On Mon, Dec 9, 2019 at 3:26 PM Stephan Reiter via Std-Proposals <
std-proposals_at_[hidden]> wrote:

> Thanks for the feedback, in particular also the "soft" feedback about
> the situation of regex compared to other parts of the standard.
>
> Considering the low complexity of the regex_escape code (once you kind
> of figured out what characters to escape), I absolutely fine with
> *not* polishing std::regex superficially with a function like this.

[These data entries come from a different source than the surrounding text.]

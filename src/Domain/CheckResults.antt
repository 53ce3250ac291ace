-- ===== src/Domain/CheckResults.antt =====
-- backend/src/domain/check_results.rs: findings, scores and ratings.
-- The `f64` weights of the embedded catalog are multiples of 1/4 and its points too: a weight or a
-- number of points is counted in quarters, and a product of the two in sixteenths.
use aleth_os_tool_passport.Prelude.{
  true, false, ℕ, Bool, Option, none, some, List, [], ◌∷◌, leb, if◌then◌else◌, Text, codes, ◌=ₜ◌,
}

pub data Finding : Type 0 where
  pass partial fail unknown not_applicable : Finding

unfoldable pub as_str : Finding → Text
as_str pass = codes "pass"
as_str partial = codes "partial"
as_str fail = codes "fail"
as_str unknown = codes "unknown"
as_str not_applicable = codes "not_applicable"

pub record FindingSubmission : Type 0 where
  pub check_id : Text
  pub finding : Finding
  pub rationale : Text
  pub evidence_ids : List ℕ
  pub not_applicable_reason : Option Text

pub record CheckResultsSubmission : Type 0 where
  pub check_results_schema_version : Text
  pub evidence_board_version : ℕ
  pub findings : List FindingSubmission

pub data Rating : Type 0 where
  not_recommended manual_only trial low_risk core_candidate : Rating

unfoldable pub rating_str : Rating → Text
rating_str not_recommended = codes "not_recommended"
rating_str manual_only = codes "manual_only"
rating_str trial = codes "trial"
rating_str low_risk = codes "low_risk"
rating_str core_candidate = codes "core_candidate"

unfoldable pub parse : Text → Option Rating
parse value =
    if value =ₜ codes "not_recommended"
    then some not_recommended
    else if value =ₜ codes "manual_only"
    then some manual_only
    else if value =ₜ codes "trial"
    then some trial
    else if value =ₜ codes "low_risk"
    then some low_risk
    else if value =ₜ codes "core_candidate"
    then some core_candidate
    else none

-- the order that `Ord` derives
abbrev pub rank : Rating → ℕ
rank not_recommended = 0
rank manual_only = 1
rank trial = 2
rank low_risk = 3
rank core_candidate = 4

-- `Ord::min`
abbrev pub min_rating : Rating → Rating → Rating
min_rating a b = if leb (rank a) (rank b) then a else b

pub record CheckResult : Type 0 where
  pub check_id : Text
  pub dimension : Text
  pub finding : Finding
  pub rationale : Text
  pub evidence_ids : List ℕ
  pub not_applicable_reason : Option Text
  pub weight : ℕ
  pub high_risk : Bool
  pub scoring_rule_id : Text
  pub rule_points : ℕ
  pub weighted_points : ℕ
  pub applicable : Bool

pub record DimensionScore : Type 0 where
  pub score : ℕ
  pub earned_weighted_points : ℕ
  pub applicable_weight : ℕ

pub record DimensionScores : Type 0 where
  pub capability_clarity : DimensionScore
  pub interface_openness : DimensionScore
  pub automation_readiness : DimensionScore
  pub data_portability : DimensionScore
  pub permission_risk : DimensionScore
  pub evidence_quality : DimensionScore
  pub ecosystem_fit : DimensionScore

-- one arm of the `match` of `get_mut`, above the later ones
unfoldable pub arm : Bool → DimensionScores → Option DimensionScores → Option DimensionScores
arm true s later = some s
arm false s later = later

-- `get_mut` and a write through the reference that it returns
unfoldable pub get_mut :
    DimensionScores → Text → (DimensionScore → DimensionScore) → Option DimensionScores
get_mut s dimension f =
    arm (dimension =ₜ codes "capability_clarity")
      (record s { capability_clarity = f s.capability_clarity })
      (arm (dimension =ₜ codes "interface_openness")
        (record s { interface_openness = f s.interface_openness })
        (arm (dimension =ₜ codes "automation_readiness")
          (record s { automation_readiness = f s.automation_readiness })
          (arm (dimension =ₜ codes "data_portability")
            (record s { data_portability = f s.data_portability })
            (arm (dimension =ₜ codes "permission_risk")
              (record s { permission_risk = f s.permission_risk })
              (arm (dimension =ₜ codes "evidence_quality")
                (record s { evidence_quality = f s.evidence_quality })
                (arm (dimension =ₜ codes "ecosystem_fit")
                  (record s { ecosystem_fit = f s.ecosystem_fit }) (none)))))))

abbrev pub values : DimensionScores → List DimensionScore
values s =
    s.capability_clarity ∷ s.interface_openness ∷ s.automation_readiness ∷ s.data_portability
    ∷ s.permission_risk ∷ s.evidence_quality ∷ s.ecosystem_fit ∷ []

pub record CheckResults : Type 0 where
  pub check_results_schema_version : Text
  pub check_results_id : ℕ
  pub run_id : ℕ
  pub evidence_board_version : ℕ
  pub standard_id : Text
  pub standard_version : Text
  pub profile_id : Text
  pub profile_version : Text
  pub results : List CheckResult
  pub dimension_scores : DimensionScores
  pub total_score : ℕ
  pub rating : Rating
  pub computed_at : ℕ
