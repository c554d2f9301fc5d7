-- ===== src/Sim/Core/Phases.antt =====
-- The two phases of a cycle, as equations.
use cpu_sim.Base.{Bool, false, not, ◌≡◌, some, >>=-eq-some, sym, ap, ◌∙◌}
use mathlib.Core.Option
use cpu_sim.Memory.Interface.{IMemory}
use cpu_sim.Pipeline.Fetch
use cpu_sim.Pipeline.Decode
use cpu_sim.Pipeline.Forward
use cpu_sim.Pipeline.Execute
use cpu_sim.Pipeline.MemAccess
use cpu_sim.Pipeline.Writeback
use cpu_sim.Pipeline.Hazard
use cpu_sim.Sim.Core.{Core, evaluate, commit, tick}

module _ (I D : IMemory) where
  -- The state that the `evaluate` calls leave, from the results of FETCH and MEM.
  abbrev pub evaluated : Core I D → Fetch.Fetched I → MemAccess.Accessed D → Core I D
  evaluated c f m =
      let id_ex = Decode.evaluate c.rf f.out c.id_ex in
      let fwd = Forward.evaluate c.mem_wb c.fwd in
      let x = Execute.evaluate c.bpred fwd id_ex c.ex_mem c.mem_wb c.ex in
      record c {
        imem = f.imem;
        if_id = f.out;
        fetch = f.stage;
        id_ex = id_ex;
        fwd = fwd;
        ex_mem = x.0;
        ex = x.1;
        dmem = m.dmem;
        mem_wb = m.out;
        mem = m.stage;
        wb = Writeback.evaluate m.out;
        hazard = Hazard.evaluate f.out id_ex;
      }

  -- A cycle of a running core that is defined.
  pub record Cycle (c c' : Core I D) (b : Bool) : Type 0 where
    pub fetched : Fetch.Fetched I
    pub accessed : MemAccess.Accessed D
    pub fetch_eq : Fetch.evaluate I c.bpred c.imem c.if_id c.fetch ≡ some fetched
    pub mem_eq : MemAccess.evaluate D c.dmem c.ex_mem c.mem_wb ≡ some accessed
    pub core_eq : c' ≡ commit I D (evaluated c fetched accessed)
    pub runs_eq : b ≡ not c'.halted

  evaluate-eq-some :
      (c : Core I D) {e : Core I D}
      → evaluate I D c ≡ some e
      → (f : Fetch.Fetched I) × (m : MemAccess.Accessed D) × (Fetch.evaluate I c.bpred c.imem
            c.if_id c.fetch
          ≡ some f)
        × (MemAccess.evaluate D c.dmem c.ex_mem c.mem_wb ≡ some m)
        × (evaluated c f m ≡ e)
  unfolding evaluate MemAccess.evaluate
  evaluate-eq-some c h =
      let (f, f_eq, rest) = >>=-eq-some (Fetch.evaluate I c.bpred c.imem c.if_id c.fetch) _ h in
      let (m, m_eq, last) = >>=-eq-some (MemAccess.evaluate D c.dmem c.ex_mem c.mem_wb) _ rest in
      (f, m, f_eq, m_eq, cc)

  -- What `tick` makes of the evaluated core.
  abbrev after : Core I D → Bool × Core I D
  after e = let d = commit I D e in (not d.halted, d)

  running : (c : Core I D) → c.halted ≡ false → tick I D c ≡ Option.map after (evaluate I D c)
  unfolding tick
  running c r = rw r

  pub tick-Cycle :
      (c : Core I D) {c' : Core I D} {b : Bool}
      → c.halted ≡ false
      → tick I D c ≡ some (b, c')
      → Cycle c c' b
  tick-Cycle c {c'} {b} r h =
      let (e, e_eq, out) =
        (Option.map-eq-some_iff after (evaluate I D c)).0 (sym (running c r) ∙ h) in
      let (f, m, f_eq, m_eq, e_is) = evaluate-eq-some c e_eq in
      let c_eq : c' ≡ commit I D (evaluated c f m) =
        sym (ap (λ x. x.1) out) ∙ ap (commit I D) (sym e_is) in
      record {
        fetched = f;
        accessed = m;
        fetch_eq = f_eq;
        mem_eq = m_eq;
        core_eq = c_eq;
        runs_eq = sym (ap (λ x. x.0) out) ∙ ap (λ x. not x.halted) (ap (λ x. x.1) out);
      }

> I do hope that std::regex will get attention though. Regular
> expressions are so basic and it's annoying that I'll need a 3rd-party
> library to get good performance and support for regex-construction.
> :-(
>
> inline std::string regex_escape(const std::string &text) {
> const std::regex chars_to_escape("[.^$|()\\[\\]{}*+?\\\\]");
> return std::regex_replace(text, chars_to_escape, "\\$0");
> }
>
> Stephan
>
> Am Sa., 7. Dez. 2019 um 15:31 Uhr schrieb Arthur O'Dwyer via
> Std-Proposals <std-proposals_at_[hidden]>:
> >
> > On Fri, Dec 6, 2019 at 9:32 AM Stephan Reiter via Std-Proposals <
> std-proposals_at_[hidden]> wrote:
> >>
> >> Hi!
> >>
> >> I encountered a situation where I needed to incorporate user input
> >> into a regular expression.
> >> To safely do this, I needed to escape regex-special characters in the
> >> user input.
> >
> >
> > At first I thought you were trying to sanitize a user-provided regex,
> which is basically impossible:
> >
> https://stackoverflow.com/questions/12841970/how-can-i-recognize-an-evil-regex
> > (Relatedly, the std::regex library provides no safety controls; you
> can't ask it to "try matching but bail out if no match was found after 2
> seconds," or anything like that.)
> >
> > However, if you just want to take a literal string and substitute it
> into the middle of a larger regex, then yeah, there's no security issue
> with that AFAIK. The std::regex library still makes that difficult by
> failing to support operations such as "concatenate two regexes" or even
> "print this regex back out as a string so that I can concatenate strings."
> >
> > Also, std::regex is slooow — "2300% to 83000% slower than a quality
> implementation for some inputs".[1] So even if you could use std::regex for
> this task, you wouldn't want to (at least not in production software).
> >
> > Boost.Xpressive supports substituting user-provided strings into
> "dynamic regexes" similarly to how you'd substitute parameters into a
> parameterized SQL query; see
> https://www.boost.org/doc/libs/1_71_0/doc/html/xpressive/user_s_guide.html#boost_xpressive.user_s_guide.tips_n_tricks
> >
> > std::regex is to the standard library as `switch` is to the core
> language: lots of people have cool ideas for how to improve it, including
> some slam-dunks, but really it's so abysmally far from well-designed that
> WG21 just doesn't want to touch it. See also: "polishing a turd."
> >
> >
> >> std::string regex_escape(std::string_view text,
> >> std::regex_constants::syntax_option_type f =
> >> std::regex_constants::ECMAScript);
> >
> >
> > I think what you'd really want is
> > std::regex regex_escape(std::string_view text, ......);
> > std::regex regex_concatenate(std::regex a, std::regex b); //
> returns the regex corresponding to "ab"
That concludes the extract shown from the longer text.